Route-Aware Topology
Infracast's route-aware topology engine validates actual network routing when computing reachability and attack paths — eliminating false positives from tools that assume routing works.
Why It Matters
Before route-aware topology, path analysis checked security groups and NACLs but assumed routing worked. A subnet with no route to an internet gateway would appear "internet-exposed" if its security group allowed 0.0.0.0/0 — even though traffic could never actually leave.
Route-aware topology closes this gap:
- A subnet with no IGW route is not flagged as internet-exposed
- VPC peering and Transit Gateway connectivity is computed from actual route propagation
- On-premises devices connected only via L3 routing (no LLDP/CDP) appear correctly in the graph
- "Show me all subnets that can reach the internet" is answered from routing truth, not SG approximation
What Gets Discovered
Cloud Route Tables
- AWS VPC route tables →
routes_toedges for each destination/target pair (IGW, NAT GW, TGW, VGW, VPC Peering, Service Endpoint) - Azure route tables and User Defined Routes
- GCP VPC routes and Cloud Router advertisements
On-Premises Routing
- Network device RIB (Routing Information Base) parsed from Cisco IOS, Juniper JunOS, Palo Alto
next_hopedges created where next-hop IP resolves to a known device interface- Protocols supported: OSPF, BGP, static, connected
Subnet Reachability Matrix
The Network Connectivity tab shows a subnet × reachability matrix:
| Subnet | Internet | NAT | TGW | VPN/DX |
|---|---|---|---|---|
| prod-public-1a | ✅ | — | — | — |
| prod-private-1a | — | ✅ | ✅ | — |
| prod-isolated-1a | — | — | — | — |
BGP Path Modeling
For environments with dynamic routing, Infracast collects and models BGP:
- Full BGP table from network devices and cloud BGP sessions (AWS Direct Connect VIFs, Azure ExpressRoute, GCP Cloud Router)
- Standard best-path selection per RFC 4271
- Backup paths retained for visibility and failover analysis
- Finding rules fire on BGP misconfigurations, weak authentication, and path anomalies
ECMP Flow-Aware Path Queries
When multiple equal-cost paths exist to the same destination, you can provide a flow 5-tuple to get a deterministic path result:
{
"src_ip": "10.0.1.5",
"dst_ip": "10.0.10.20",
"protocol": "tcp",
"src_port": 52341,
"dst_port": 443
}
Result includes which ECMP leg the flow takes and the full path.

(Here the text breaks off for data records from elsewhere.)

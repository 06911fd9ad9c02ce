-- ===== src/MiniProgram/Purchases/Tests.antt =====
-- An instance of the theorem on the plans of the mini program.
use materials_manager.Base.{◌≡◌, refl, text, text_eq, none, [], ◌∷◌, arith}
use materials_manager.Core.Enums.{PurchasePlanStatus}
use materials_manager.Core.Paging.{order_rows, contains_any, split_or_search_terms}
use materials_manager.Core.Tx.{ok}
use materials_manager.Model.Purchase.{PurchaseMaterial}
use materials_manager.Model.Database.{Db, empty_db}
use materials_manager.MiniProgram.Purchases.{
  plan_query, first_id, detail_read, purchase_plan_detail,
}
use materials_manager.MiniProgram.Purchases.Next.{purchase_plan_detail-next}

abbrev pump : PurchaseMaterial
pump = record {
  id = 5;
  plan_no = text "PLAN-20231114-001";
  plan_date = 19675;
  material_code = none;
  category = none;
  urgency = text "urgent";
  demand_department = text "d";
  name = text "pump";
  model_spec = text "P1";
  unit_name = text "pcs";
  actual_demand_person = text "li";
  purchase_responsible = text "wu";
  planned_qty = 20;
  usage = text "u";
  subitem_no = none;
  remark = none;
  stock_material_id = none;
  status = PurchasePlanStatus.normal;
  images = [];
  version = 1;
}

abbrev valve : PurchaseMaterial
valve = record pump { id = 9; plan_no = text "PLAN-20231114-002" }

-- The plan between the two is put off, and is not listed.
abbrev plans : Db
plans = record empty_db {
  purchase_materials =
      pump ∷ record pump { id = 7; status = PurchasePlanStatus.deferred } ∷ valve ∷ [];
}

plans_listed : plan_query text_eq text_eq none none none plans ≡ valve ∷ pump ∷ []
unfolding plan_query contains_any split_or_search_terms order_rows
plans_listed = refl

purchase_plan_detail-next_example :
    purchase_plan_detail 9 plans ≡ ok (detail_read valve (first_id (pump ∷ [])), plans)
purchase_plan_detail-next_example =
    purchase_plan_detail-next text_eq text_eq plans [] valve (pump ∷ [])
      (
        (λ e. ground (arith, e), (λ e. ground (arith, e), tt)),
        ((λ e. ground (arith, e), tt), (tt, tt)),
      )
      plans_listed
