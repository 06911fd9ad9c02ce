-- ===== src/MiniProgram/Registered.antt =====
-- After `register_user` its identity logs in as the user that it returned.
use materials_manager.Base.{
  not-false, ◌≡◌, refl, sym, ap, ◌∙◌, Text, text_eq_refl, Option, none, some, Bool, true, false,
  find, find-hits, ℕ,
}
use materials_manager.Core.Errors.{ErrorCode, app_error, app}
use materials_manager.Core.Enums.{WebhookEventType}
use materials_manager.Core.Tx.{Tx, ok, err, actions}
use materials_manager.Core.Tx.Inversion.{
  bind-inv, gets-inv, raise_if-inv, modify-inv, modify-last, pure-inv, pure-state,
}
use materials_manager.Model.Stock.{MiniProgramUser}
use materials_manager.Model.Webhook.{EventData}
use materials_manager.Model.Database.{Db, Env}
use materials_manager.Webhook.{enqueue_event}
use materials_manager.MiniProgram.{
  is_mini_program_new_user_enabled, owner_of, owns, login_with_wechat, new_user, create_user,
  known_user, register_user,
}

enqueue_event-users :
    (env : Env) (event_type : WebhookEventType) (contents : EventData) (db : Db) (q : Unit {0} × Db)
    → enqueue_event env event_type contents db ≡ ok q
    → q.1.mini_program_users ≡ db.mini_program_users
unfolding enqueue_event
enqueue_event-users env event_type contents db q h =
    ap (λ (d : Db). d.mini_program_users) (modify-last _ db q h)

module _ (env : Env) (app_id openid display_name department_name : Text) where
  owns-new_user :
      (id : ℕ) (enabled : Bool)
      → owns app_id openid (new_user id app_id openid display_name department_name enabled) ≡ true
  owns-new_user id enabled = rw (text_eq_refl app_id, text_eq_refl openid) refl

  create_user-owner :
      (db : Db) (q : MiniProgramUser × Db)
      → create_user env app_id openid display_name department_name db ≡ ok q
      → owner_of app_id openid q.1 ≡ some q.0
  unfolding create_user
  create_user-owner db q h =
      let h1 = gets-inv _ _ db q h in
      let (allowed, h2) = raise_if-inv _ _ _ db q h1 in
      let h3 = gets-inv _ _ db q h2 in
      let h4 = gets-inv _ _ db q h3 in
      let h5 = gets-inv _ _ db q h4 in
      let (free, h6) = raise_if-inv _ _ _ db q h5 in
      let h7 = modify-inv _ _ db q h6 in
      let (u, t, sent, h8) = bind-inv _ _ _ q h7 in
      let kept = enqueue_event-users env WebhookEventType.mini_program_user_bound _ _ (u, t) sent in
      ap (find (owns app_id openid))
        (ap (λ (d : Db). d.mini_program_users) (pure-state _ t q h8) ∙ kept)
      ∙ find-hits (owns app_id openid) _ db.mini_program_users
          (owns-new_user db.next_mini_program_user_id (is_mini_program_new_user_enabled db))
      ∙ ap some (sym (pure-inv _ t q h8))

  known_user-owner :
      (user : MiniProgramUser) (db : Db) (q : MiniProgramUser × Db)
      → known_user env app_id openid display_name department_name user db ≡ ok q
      → (q.0 ≡ user) × (q.1 ≡ db) × (user.enabled ≡ true)
  unfolding known_user
  known_user-owner user db q h =
      let (enabled, h1) = raise_if-inv _ _ _ db q h in
      (pure-inv _ db q h1, pure-state _ db q h1, not-false user.enabled enabled)

  register_user-owner :
      (db : Db) (q : MiniProgramUser × Db)
      → register_user env app_id openid display_name department_name db ≡ ok q
      → owner_of app_id openid q.1 ≡ some q.0
  unfolding register_user
  register_user-owner db q h = answered (owner_of app_id openid db) refl (gets-inv _ _ db q h)
    where
      answered :
          (o : Option MiniProgramUser)
          → owner_of app_id openid db ≡ o
          → (elim o as (λ _. Tx Db MiniProgramUser) [
            | some user ↦ known_user env app_id openid display_name department_name user
            | none ↦ create_user env app_id openid display_name department_name
          ])
              db
            ≡ ok q
          → owner_of app_id openid q.1 ≡ some q.0
      answered none e k = create_user-owner db q k
      answered (some user) e k =
          let (same, kept, enabled) = known_user-owner user db q k in
          ap (owner_of app_id openid) kept ∙ e ∙ ap some (sym same)

  -- A user that `register_user` has returned, who is found by the identity and enabled, gets the same answer when
  -- the identity logs in, and when it registers again, whatever profile it then sends; neither writes a
  -- row. One who is not enabled is refused at the login with status 403.
  pub register_user-login :
      (env' : Env) (name department : Text) (db : Db) (q : MiniProgramUser × Db)
      → register_user env app_id openid display_name department_name db ≡ ok q
      → (q.0.enabled ≡ true
          → (login_with_wechat app_id openid q.1 ≡ ok (some q.0, q.1))
            × (register_user env' app_id openid name department q.1 ≡ ok (q.0, q.1)))
        × (q.0.enabled ≡ false
            → login_with_wechat app_id openid q.1
              ≡ err (app (app_error ErrorCode.account_disabled (some 403))))
  unfolding login_with_wechat register_user known_user actions
  register_user-login env' name department db q h =
      let own = register_user-owner db q h in
      (
        λ e. (
          rw (login_with_wechat, own) (rw e refl),
          ap
                (λ (o : Option MiniProgramUser).
                  (elim o as (λ _. Tx Db MiniProgramUser) [
                    | some user ↦ known_user env' app_id openid name department user
                    | none ↦ create_user env' app_id openid name department
                  ])
                    q.1)
                own
              ∙ rw (known_user, e) refl,
        ),
        λ e. rw (login_with_wechat, own) (rw e refl),
      )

Without a 5-tuple, all ECMP paths are enumerated.
Encrypted Tunnel Support
Reachability is computed through encrypted tunnels — not stopped at the tunnel boundary:
| Protocol | Support |
|---|---|
| IPsec | AWS Site-to-Site VPN, Azure VPN GW, GCP HA VPN, Cisco IOS/ASA, Palo Alto, Juniper SRX |
| WireGuard | Linux hosts with wg show or config file access |
| GRE | Cisco, Juniper; unencrypted GRE flagged as a finding when carrying sensitive traffic |
| VXLAN / Geneve | VTEP-to-VNI mapping; L2-adjacent domain modeling |
This means the path tracer and attack path engine can follow a path from a public subnet through a Site-to-Site VPN to an on-premises host — and report findings on the full chain.
Finding Rules
8 routing finding rules fire automatically:
| Rule | Severity | Description |
|---|---|---|
route-missing-igw | HIGH | Subnet tagged as public but has no route to an IGW |
route-blackhole | MEDIUM | Active route points to a deleted or missing gateway |
route-no-table | MEDIUM | Subnet has no associated route table |
route-tgw-misconfigured | HIGH | TGW attachment exists but route not propagated |
route-open-to-internet-via-igw | HIGH | Private subnet has a route to an IGW |
route-unencrypted-cross-boundary | HIGH | Traffic crossing trust boundary without encryption |
bgp-no-auth | MEDIUM | BGP session configured without authentication |
bgp-weak-policy | MEDIUM | BGP peer accepts routes without filter policy |
Setup
Route-aware topology is enabled automatically when Infracast discovers route tables and routing devices. No additional configuration is needed. For on-premises BGP and routing device data, ensure your network device credentials are configured in Settings → Connectors.